THE TASK: Everything from the line containing "(u : tbl.Tab)" through the line containing "let row : Setting" in the listing below should be copied exactly, and nothing more.

DATA TO USE:
^^^^^^^^

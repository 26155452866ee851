-- ===== src/Settings/SetGet.antt =====
-- What is saved under a key is read back.
use nexcore_x_ui.Prelude.{
  ℕ, ◌≡◌, ◌≢◌, ◌≤◌, refl, sym, ap, ◌∙◌, String, true, Option, none, some, List, [], ◌∷◌, str_eq,
  eq_iff, eq_refl, if◌then◌else◌, any, arith, Bool-cases, inl, inr, ◌==◌, Memᴰ, update_rows,
  mem_of_select, all_of_mem, any_of_mem, head?, ltb,
}
use mathlib.Core.Path.{subst}
use nexcore_x_ui.Prelude.Maps.{Map, lookup}
use nexcore_x_ui.Exec.{Result, ok, err, ◌>>=◌, continue}
use nexcore_x_ui.Model.{Setting}
use nexcore_x_ui.Table.{Table}
use nexcore_x_ui.Table.Schemas.{settings_schema}
use nexcore_x_ui.Secrets.{Aead, size, decrypt}
use nexcore_x_ui.Secrets.RoundTrip.{decrypt-encrypt}
use nexcore_x_ui.Settings.Rows.{first_with, first_with-select, first_with-append, lookup-invalidate}
use nexcore_x_ui.Settings.{
  CacheEntry, invalidate, Env, SettingStore, read, stored, cache_invalidate, with_key, get_setting,
  opened, put_opened, value_of_row, cached_or_read, get_string, is_sensitive, sealed, save_row,
  save_sealed, save_setting,
}

ok_eq : {A : Type 0} {a b : A} → ◌≡◌ {A = Result A} (ok a) (ok b) → b ≡ a
ok_eq h = cc

-- The row under the key is the new one, once it is there.
first_with-new :
    (key : String) (new r : Setting) (rs : List Setting)
    → str_eq new.key key ≡ true
    → r.id ≡ new.id
    → first_with key rs ≡ some r
    → first_with key (update_rows (λ q. q.id == new.id) (λ _. new) rs) ≡ some new
first_with-new key new r [] named same h = cc
first_with-new key new r (q ∷ rs) named same h = elim (Bool-cases (q.id == new.id)) [
  | inl hit ↦ rw hit (rw named refl)
  | inr miss ↦ rw miss (elim (Bool-cases (str_eq q.key key)) [
    | inl mine ↦
        (let one : q ≡ r =
            ap (λ (o : Option Setting). elim o [ none ↦ r | some x ↦ x ]) (rw mine at h) in
          ground (arith, ap (λ (x : Setting). x.id) one))
    | inr other ↦ rw other (first_with-new key new r rs named same (rw other at h))
  ])
]

module _ (tbl : Table settings_schema) (env : Env) where
  -- The store holds the value under the key, and the cache nothing.
  abbrev Holds : String → String → SettingStore tbl → Type 0
  Holds key value s =
      ((r : Setting) × (first_with key (tbl.rows s.table) ≡ some r) × (r.value ≡ value))
      × (lookup key s.cache ≡ none)

  dropped : (key : String) (m : Map CacheEntry) → lookup key (invalidate key m) ≡ none
  dropped key m =
      lookup-invalidate key key m ∙ ap (λ b. if b then none else lookup key m) (eq_refl key)

  stored-Holds :
      (key value : String) (new : Setting) (s : SettingStore tbl) (o : Option (ℕ × tbl.Tab))
      {t : SettingStore tbl}
      → ((n : ℕ) (u : tbl.Tab)
          → o ≡ some (n, u)
          → (r : Setting) × (first_with key (tbl.rows u) ≡ some r) × (r.value ≡ value))
      → continue (stored tbl o s) (λ _. cache_invalidate tbl key) ≡ (ok tt, t)
      → Holds key value t
  stored-Holds key value new s none there h = cc
  stored-Holds key value new s (some (n, u)) there h =
      let after = record s { table = u; cache = invalidate key s.cache } in
      subst (Holds key value) (ap (λ (r : Result (Unit {0}) × SettingStore tbl). r.1) h)
        (there n u refl, dropped key s.cache)

  save_row-Holds :
      (key value : String) (s : SettingStore tbl) (rows : Option (List Setting))
      {t : SettingStore tbl}
      → tbl.select (with_key tbl key) s.table ≡ rows
      → continue
          (read tbl rows s)
          (λ rs. save_row tbl key value rs >>= λ _. cache_invalidate tbl key)
        ≡ (ok tt, t)
      → Holds key value t
  save_row-Holds key value s none sel h = cc
  save_row-Holds key value s (some []) sel h =
      let row : Setting = record { id = 0; key = key; value = value } in
      stored-Holds key value row s (tbl.create row s.table)
        (λ n u made. (
          record row { id = n },
          ap (first_with key) (tbl.create-rows row s.table made)
              ∙ first_with-append key (tbl.rows s.table) (record row { id = n })
              ∙ ap
                  (λ (o : Option Setting). elim o [
                    | some q ↦ some q
                    | none ↦ if str_eq key key then some (record row { id = n }) else none
                  ])
                  (sym (first_with-select key (tbl.rows s.table))
                    ∙ ap head? (sym (tbl.select-rows (with_key tbl key) s.table sel)))
              ∙ ap (λ b. if b then some (record row { id = n }) else none) (eq_refl key),
          refl,
        ))
        h
  save_row-Holds key value s (some (r ∷ rs)) sel h =
      let new : Setting = record r { key = key; value = value } in
      let listed = tbl.select-rows (with_key tbl key) s.table sel in
      let (here, named) =
        mem_of_select (λ (q : Setting). str_eq q.key key) (tbl.rows s.table)
          (subst (Memᴰ r) listed (Memᴰ.head refl)) in
      let positive : r.id ≢ 0 = ground (
        arith,
        all_of_mem (λ (q : Setting). ltb 0 q.id) (tbl.rows s.table) (tbl.keys_positive s.table)
            here,
      ) in
      let present : any (λ (q : Setting). q.id == r.id) (tbl.rows s.table) ≡ true =
        any_of_mem (λ (q : Setting). q.id == r.id) (tbl.rows s.table) here (ground arith) in
      stored-Holds key value new s (tbl.save new s.table)
        (λ n u made. (
          new,
          ap (first_with key) (tbl.save-rows_old new s.table positive present made)
              ∙ first_with-new key new r (tbl.rows s.table) (eq_refl key) refl
                  (sym (first_with-select key (tbl.rows s.table)) ∙ ap head? (sym listed)),
          refl,
        ))
        h

  read_back :
      (key value : String) (s : SettingStore tbl) {rs : List Setting} {v : String}
      → Holds key value s
      → tbl.select (with_key tbl key) s.table ≡ some rs
      → opened env key value ≡ ok v
      → (get_string tbl env key s).0 ≡ ok v
  unfolding get_string get_setting
  read_back key value s {rs} {v} ((r, first, same), gone) sel plain =
      ap (λ o. (cached_or_read tbl env key o s).0) gone
      ∙ ap (λ rows. (continue (read tbl rows s) (value_of_row tbl env key)).0) sel
      ∙ first_row rs (
          sym (ap head? (sym (tbl.select-rows (with_key tbl key) s.table sel)))
          ∙ first_with-select key (tbl.rows s.table)
          ∙ first)
    where
      first_row : (rs : List Setting) → head? rs ≡ some r → (value_of_row tbl env key rs s).0 ≡ ok v
      first_row [] h = cc
      first_row (q ∷ rs) h =
          let one : q.value ≡ value =
            ap (λ (o : Option Setting). elim o [ none ↦ value | some x ↦ x.value ]) h ∙ same in
          ap (λ x. (put_opened tbl key (opened env key x) s).0) one
          ∙ ap (λ o. (put_opened tbl key o s).0) plain

-- What AES-GCM and base64 document, as in Secrets/RoundTrip.antt.
module _ (tbl : Table settings_schema) (env : Env) (g : Aead)
    (opens : (n p : String) → size n ≡ g.nonce_size → g.open_with n (g.seal_with n p) ≡ some p)
    (long : (n p : String) → g.overhead ≤ size (g.seal_with n p))
    (decodes : (b : String) → env.cipher.decode (env.cipher.encode b) ≡ some b) where
  opened-sealed :
      (nonce key value : String) {w : String}
      → env.cipher.v2 ≡ some g
      → size nonce ≡ g.nonce_size
      → sealed env nonce key value ≡ ok w
      → opened env key w ≡ ok value
  unfolding opened sealed decrypt
  opened-sealed nonce key value {w} built fits h = elim (Bool-cases (is_sensitive key)) [
    | inl secret ↦ rw secret (elim (Bool-cases (str_eq value "")) [
      | inl blank ↦
          (let same : w ≡ value = ok_eq (rw (secret, blank) at h) in
            let empty : value ≡ "" = (eq_iff value "").0 blank in
            ap (decrypt env.cipher) (same ∙ empty) ∙ ap ok (sym empty))
      | inr filled ↦
          (let (s, wrote, reads, _) =
              decrypt-encrypt env.cipher g opens long decodes nonce value built fits in
            let same : w ≡ s = ok_eq (sym wrote ∙ (rw (secret, filled) at h)) in
            ap (decrypt env.cipher) same ∙ reads)
    ])
    | inr plain ↦ rw plain (ap ok (ok_eq (rw plain at h)))
  ]

  -- After a successful saveSetting, getString of the key returns the value, for a sensitive key too, if the
  -- cipher of the second version is built, AES-GCM and base64 do what they document, the nonce has the
  -- cipher's size and the query for the row succeeds.
  pub get_string-save_setting :
      (nonce key value : String) (s : SettingStore tbl) {t : SettingStore tbl} {rs : List Setting}
      → env.cipher.v2 ≡ some g
      → size nonce ≡ g.nonce_size
      → save_setting tbl env nonce key value s ≡ (ok tt, t)
      → tbl.select (with_key tbl key) t.table ≡ some rs
      → (get_string tbl env key t).0 ≡ ok value
  unfolding save_setting get_setting
  get_string-save_setting nonce key value s {t} built fits h sel =
      of_sealed (sealed env nonce key value) refl h
    where
      of_sealed :
          (o : Result String)
          → sealed env nonce key value ≡ o
          → save_sealed tbl key o s ≡ (ok tt, t)
          → (get_string tbl env key t).0 ≡ ok value
      of_sealed (err e) is h = cc
      of_sealed (ok w) is h =
          read_back tbl env key w t
            (save_row-Holds tbl env key w s (tbl.select (with_key tbl key) s.table) refl h) sel
            (opened-sealed nonce key value built fits is)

^^^^^^^^

TASK RESULT:
      → ((n : ℕ) (u : tbl.Tab)
          → o ≡ some (n, u)
          → (r : Setting) × (first_with key (tbl.rows u) ≡ some r) × (r.value ≡ value))
      → continue (stored tbl o s) (λ _. cache_invalidate tbl key) ≡ (ok tt, t)
      → Holds key value t
  stored-Holds key value new s none there h = cc
  stored-Holds key value new s (some (n, u)) there h =
      let after = record s { table = u; cache = invalidate key s.cache } in
      subst (Holds key value) (ap (λ (r : Result (Unit {0}) × SettingStore tbl). r.1) h)
        (there n u refl, dropped key s.cache)

  save_row-Holds :
      (key value : String) (s : SettingStore tbl) (rows : Option (List Setting))
      {t : SettingStore tbl}
      → tbl.select (with_key tbl key) s.table ≡ rows
      → continue
          (read tbl rows s)
          (λ rs. save_row tbl key value rs >>= λ _. cache_invalidate tbl key)
        ≡ (ok tt, t)
      → Holds key value t
  save_row-Holds key value s none sel h = cc
  save_row-Holds key value s (some []) sel h =
      let row : Setting = record { id = 0; key = key; value = value } in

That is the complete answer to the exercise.